■ **Exercise details**
Select all lines holding the word "antt" from the entries that follow.

■ **Collected data entries**
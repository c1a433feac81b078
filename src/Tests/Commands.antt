-- ===== src/Tests/Commands.antt =====
-- The order commands, over a server and a session in memory.
use ticket_genius.Prelude.{arith, ◌≡◌, refl, false, none, some, [], ◌∷◌}
use ticket_genius.Prelude.Int.{pos}
use ticket_genius.Prelude.Text.{codes, text_eq}
use ticket_genius.Prelude.Dict.{lookup}
use ticket_genius.Python.{ok, is_ok, domain_error}
use ticket_genius.Domain.Exceptions.{order_not_found}
use ticket_genius.Domain.Order
use ticket_genius.Domain.Order.{Order}
use ticket_genius.Redis.Memory.{memory}
use ticket_genius.UnitOfWork.Memory as Db
use ticket_genius.SeatHolds.{hold_key}
use ticket_genius.Handlers.Commands.{CreateOrderCommand, CancelOrderCommand, Fresh}
use ticket_genius.Handlers.Steps.{World}
use ticket_genius.Handlers.{handle_create_order, handle_cancel_order}
use ticket_genius.Handlers.Laws.{cancelling, handle, handle_atomic}
use ticket_genius.Handlers.Outcomes.{create_never_succeeds, cancel_never_succeeds}
use ticket_genius.Tests.Sample.{sample}
use ticket_genius.Tests.Orders.{seat, envelope, loaded, captured_payment}
use ticket_genius.Tests.Values.{plan}

abbrev paid_order : Order
paid_order = record loaded { status = Order.paid; seats = seat ∷ seat ∷ []; version = 4 }

abbrev tables : Db.Tables
tables = record {
  orders = (codes "o1", paid_order) ∷ [];
  payments = (codes "o1", captured_payment) ∷ [];
  plans = (codes "p", plan) ∷ [];
  outbox = [];
}

abbrev world : World memory sample Db.memory
world = record {
  redis = some ((hold_key (codes "p") (codes "A-1-1"), codes "o1") ∷ []);
  uow = record {
    session = record { working = tables; unsaved = []; committed = tables };
    domain_events = [];
  };
  intents = [];
}

abbrev draw : Fresh
draw = record {
  order_id = codes "o2";
  payment_id = codes "x2";
  intent_hex = codes "00";
  secret_hex = codes "11";
  envelope = envelope;
}

abbrev wish : CreateOrderCommand
wish = record {
  plan_id = codes "p";
  quantity = pos 2;
  attendee_info = paid_order.attendee_info;
  seat_ids = none;
}

abbrev cancel_missing : CancelOrderCommand
cancel_missing = record { order_id = codes "o9"; reason = [] }

abbrev cancel_paid : CancelOrderCommand
cancel_paid = record { order_id = codes "o1"; reason = [] }

handle_atomic_example :
    (handle memory sample Db.memory
      (cancelling envelope cancel_missing)
      world).1.uow.session.committed
    ≡ tables
unfolding handle handle_cancel_order lookup text_eq
handle_atomic_example =
    handle_atomic memory sample Db.memory (cancelling envelope cancel_missing) world
      (domain_error (order_not_found (codes "o9"))) refl

create_never_succeeds_example :
    is_ok (handle_create_order memory sample Db.memory draw wish world).0 ≡ false
create_never_succeeds_example = create_never_succeeds memory sample Db.memory draw wish world

paid_order_loaded :
    (o : Order)
    → Db.memory.get_order (codes "o1") world.uow.session ≡ ok (some o)
    → o.domain_events ≡ none
unfolding lookup text_eq
paid_order_loaded o h = ground arith

cancel_never_succeeds_example :
    let (r, after) = handle_cancel_order memory sample Db.memory envelope cancel_paid world in
    (is_ok r ≡ false) × (after.uow.session.committed ≡ tables)
unfolding lookup text_eq
cancel_never_succeeds_example =
    cancel_never_succeeds memory sample Db.memory envelope cancel_paid world paid_order_loaded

■ **Answer area**
filename src/Tests/Commands.antt
-- ===== src/Tests/Commands.antt =====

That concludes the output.